### INSTRUCTIONS FOR THE TASK
Find every line below where the string "this" shows up, and copy those lines.

:::

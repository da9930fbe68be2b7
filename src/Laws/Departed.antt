-- ===== src/Laws/Departed.antt =====
-- Messages of a node that has left, in dstate/src/engine.rs.
use dstate.Base.{String, ◌≡◌, ◌≢◌, eq_iff, ap, ◌∙◌, false, none, some, [], arith, eq_refl}
use dstate.HashMap.Laws.{get-insert}
use dstate.HashMap
use dstate.Types.Envelope.{NodeId, Clock}
use dstate.Types.Generation.{Generation}
use dstate.Types.Message.{SyncMessage, full_snapshot, delta_update, request_snapshot, sync}
use dstate.ViewMap.Laws.{get-remove_node}
use dstate.Shard.State.{ShardCore, get_view}
use dstate.Shard.Membership
use dstate.Lifecycle
use dstate.Lifecycle.{LifecycleLogic, should_accept_from}
use dstate.Engine.State.{Engine}
use dstate.Engine.Snapshot.{handle_full_snapshot}
use dstate.Engine.Delta.{handle_delta_update}
use dstate.Engine.Inbound.{handle_request_snapshot, handle_inbound_sync, feed_entry, handle_inbound}
use dstate.Engine.Cluster.{on_node_left}

-- The node that a message says it is from.
abbrev pub sender : SyncMessage → NodeId
sender (full_snapshot name source g w bytes) = source
sender (delta_update name source g w bytes) = source
sender (request_snapshot name requester) = requester

accepts-left :
    {S V : Type 0} (n : NodeId) (l : LifecycleLogic) (s : ShardCore S V)
    → should_accept_from n (Lifecycle.on_node_left n l s).0 ≡ false
unfolding should_accept_from Lifecycle.on_node_left Lifecycle.is_departed HashMap.contains_key
accepts-left n l s = rw (get-insert n n tt l.departed_nodes, eq_refl n)

module _ {S V : Type 0} where
  pub departed_ignored :
      (clock : Clock) (msg : SyncMessage) (e : Engine S V)
      → should_accept_from (sender msg) e.lifecycle ≡ false
      → handle_inbound clock (sync msg) e ≡ some (e, [])
  unfolding handle_inbound handle_inbound_sync handle_full_snapshot handle_delta_update
      handle_request_snapshot
  departed_ignored clock (full_snapshot name source g w bytes) e h = ground arith
  departed_ignored clock (delta_update name source g w bytes) e h = ground arith
  departed_ignored clock (request_snapshot name requester) e h = ground arith

  pub departed_feed_ignored :
      (name : String) (n : NodeId) (g : Generation) (e : Engine S V)
      → should_accept_from n e.lifecycle ≡ false
      → feed_entry (name, n, g) e ≡ e
  unfolding feed_entry
  departed_feed_ignored name n g e h = ground arith

  get_view-left :
      (n : NodeId) (s : ShardCore S V)
      → n ≢ s.node_id
      → get_view n (Membership.on_node_left n s) ≡ none
  unfolding get_view Membership.on_node_left
  get_view-left n s other =
      ground (arith, eq_iff n s.node_id, get-remove_node n n s.views, eq_refl n)

  -- Once another node has left, its view is gone, and no sync message from it and no feed entry of it
  -- changes anything or is answered, whatever it holds and whenever it arrives.
  pub left_is_silent :
      (n : NodeId) (e : Engine S V)
      → n ≢ e.shard.node_id
      → let gone = on_node_left n e in
        (get_view n gone.shard ≡ none)
        × ((clock : Clock) (msg : SyncMessage)
            → sender msg ≡ n
            → handle_inbound clock (sync msg) gone ≡ some (gone, []))
        × ((name : String) (g : Generation) → feed_entry (name, n, g) gone ≡ gone)
  unfolding on_node_left
  left_is_silent n e other =
      let refused = accepts-left n e.lifecycle e.shard in
      (
        unfold Lifecycle.on_node_left in get_view-left n e.shard other,
        λ clock msg from.
            departed_ignored clock msg _ (
              ap (λ (m : NodeId). should_accept_from m (on_node_left n e).lifecycle) from
              ∙ refused),
        λ name g. departed_feed_ignored name n g _ refused,
      )
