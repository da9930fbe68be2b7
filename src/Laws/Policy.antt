-- ===== src/Laws/Policy.antt =====
-- What an engine does with a snapshot or a delta of a wire version that it cannot read.
use dstate.Base.{
  ℕ, String, ◌≡◌, ◌≢◌, refl, true, false, Option, none, some, [], arith, ◌==◌, eq_refl, eq_iff,
  if◌then◌else◌, inc_u64, nat_eq,
}
use dstate.Types.Config.{VersionMismatchPolicy, keep_stale, drop_and_wait}
use dstate.Types.Envelope.{NodeId, Clock, StateViewObject}
use dstate.Types.Errors.{err, unknown_version}
use dstate.Types.Generation.{Generation}
use dstate.Types.Message.{Bytes, SyncMessage, full_snapshot, delta_update, request_snapshot, sync}
use dstate.ViewMap.Laws.{get-remove_node}
use dstate.Shard.State.{ShardCore, get_view}
use dstate.Shard.Membership.{on_node_left}
use dstate.Lifecycle.{should_accept_from}
use dstate.Versioning.{on_inbound, on_deserialize_error, policy_action, mismatch_reason}
use dstate.Diagnostics.{record_sync_failure}
use dstate.Engine.State.{Engine}
use dstate.Engine.Snapshot.{handle_full_snapshot, on_mismatch}
use dstate.Engine.Delta.{handle_delta_update, on_delta_mismatch}
use dstate.Engine.Inbound.{handle_inbound, handle_inbound_sync}

-- Of two nodes, the view that a policy leaves of `j` when a message of `source` cannot be read.
abbrev pub left_over :
    {V : Type 0}
    → VersionMismatchPolicy
    → NodeId
    → NodeId
    → Option (StateViewObject V)
    → Option (StateViewObject V)
left_over keep_stale source j view = view
left_over drop_and_wait source j view = if source == j then none else view

module _ {S V : Type 0} where
  -- The message is of this state and from a peer that has not departed, but its wire version is not
  -- one that the engine reads.
  abbrev pub IsUnreadable : SyncMessage → NodeId → Engine S V → Type 0
  IsUnreadable (full_snapshot name from g w bytes) source e =
      (from ≡ source)
      × (name ≡ e.state_name)
      × (v : ℕ) × (e.deserialize_view bytes w ≡ err (unknown_version v))
  IsUnreadable (delta_update name from g w bytes) source e =
      (from ≡ source) × (name ≡ e.state_name) × (nat_eq w e.wire_version ≡ false)
  IsUnreadable _ source e = ⊥

  get_view-left :
      (source j : NodeId) (s : ShardCore S V)
      → source ≢ s.node_id
      → get_view j (on_node_left source s) ≡ left_over drop_and_wait source j (get_view j s)
  unfolding get_view on_node_left
  get_view-left source j s other =
      ground (arith, eq_iff source s.node_id, get-remove_node source j s.views)

  -- The effect of a refused message by policy.
  record Refused (p : VersionMismatchPolicy) (source j : NodeId) (e r : Engine S V) : Type 0 where
    views : get_view j r.shard ≡ left_over p source j (get_view j e.shard)
    counted : r.diagnostics.metrics.sync_failures ≡ inc_u64 e.diagnostics.metrics.sync_failures
    state : r.shard.state ≡ e.shard.state

  on_node_left-state :
      (source : NodeId) (s : ShardCore S V) → (on_node_left source s).state ≡ s.state
  unfolding on_node_left
  on_node_left-state source s = ground arith

  on_mismatch-Refused :
      (p : VersionMismatchPolicy) (clock : Clock) (source j : NodeId) (w : ℕ) (reason : String)
      (e : Engine S V)
      → source ≢ e.shard.node_id
      → Refused p source j e (on_mismatch clock source (policy_action p w reason) e)
        × Refused p source j e (on_delta_mismatch clock source (policy_action p w reason) e)
  unfolding record_sync_failure
  on_mismatch-Refused keep_stale clock source j w reason e other = (
    record { views = refl; counted = refl; state = refl },
    record { views = refl; counted = refl; state = refl },
  )
  on_mismatch-Refused drop_and_wait clock source j w reason e other =
      let gone = get_view-left source j e.shard other in
      let same = on_node_left-state source e.shard in
      (
        record { views = gone; counted = refl; state = same },
        record { views = gone; counted = refl; state = same },
      )

  snapshot_refused :
      (clock : Clock) (name : String) (from source : NodeId) (g : Generation) (w : ℕ)
      (bytes : Bytes) (v : ℕ) (e : Engine S V)
      → from ≡ source
      → name ≡ e.state_name
      → should_accept_from source e.lifecycle ≡ true
      → e.deserialize_view bytes w ≡ err (unknown_version v)
      → handle_inbound clock (sync (full_snapshot name from g w bytes)) e
        ≡ some (
          on_mismatch clock source
              (policy_action e.versioning.policy v (mismatch_reason v e.versioning))
              e,
          [],
        )
  unfolding handle_inbound handle_inbound_sync handle_full_snapshot on_inbound on_deserialize_error
  snapshot_refused clock name from source g w bytes v e same named present unread =
      rw (same, named, eq_refl e.state_name, present, unread)

  delta_refused :
      (clock : Clock) (name : String) (from source : NodeId) (g : Generation) (w : ℕ)
      (bytes : Bytes) (e : Engine S V)
      → from ≡ source
      → name ≡ e.state_name
      → should_accept_from source e.lifecycle ≡ true
      → nat_eq w e.wire_version ≡ false
      → handle_inbound clock (sync (delta_update name from g w bytes)) e
        ≡ some (
          on_delta_mismatch clock source
              (policy_action e.versioning.policy w (mismatch_reason w e.versioning))
              e,
          [],
        )
  unfolding handle_inbound handle_inbound_sync handle_delta_update on_deserialize_error
  delta_refused clock name from source g w bytes e same named present unread =
      rw (same, named, eq_refl e.state_name, present, unread)

  -- A snapshot or a delta that another node, one that has not departed, sends in a wire version that this one does not read is
  -- counted as one failure and answered with nothing. The policy alone decides about the views: they
  -- all stay, or that of the sender goes and the others stay.
  pub unreadable_by_policy :
      (clock : Clock) (msg : SyncMessage) (source j : NodeId) (e : Engine S V)
      → source ≢ e.shard.node_id
      → should_accept_from source e.lifecycle ≡ true
      → IsUnreadable msg source e
      → (r : Engine S V) × (handle_inbound clock (sync msg) e ≡ some (r, []))
        × (get_view j r.shard ≡ left_over e.versioning.policy source j (get_view j e.shard))
        × (r.diagnostics.metrics.sync_failures ≡ inc_u64 e.diagnostics.metrics.sync_failures)
        × (r.shard.state ≡ e.shard.state)
  unfolding handle_inbound handle_inbound_sync
  unreadable_by_policy clock (full_snapshot name from g w bytes) source j e other present
        (same, named, v, unread) =
      let done =
        (on_mismatch-Refused e.versioning.policy clock source j v (mismatch_reason v e.versioning) e
          other).0 in
      (
        _,
        snapshot_refused clock name from source g w bytes v e same named present unread,
        done.views,
        done.counted,
        done.state,
      )
  unreadable_by_policy clock (delta_update name from g w bytes) source j e other present
        (same, named, unread) =
      let done =
        (on_mismatch-Refused e.versioning.policy clock source j w (mismatch_reason w e.versioning) e
          other).1 in
      (
        _,
        delta_refused clock name from source g w bytes e same named present unread,
        done.views,
        done.counted,
        done.state,
      )
  unreadable_by_policy clock (request_snapshot name requester) source j e other present unreadable =
      absurd unreadable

:::

### EXERCISE SOLUTION
  -- The message is of this state and from a peer that has not departed, but its wire version is not
  -- A snapshot or a delta that another node, one that has not departed, sends in a wire version that this one does not read is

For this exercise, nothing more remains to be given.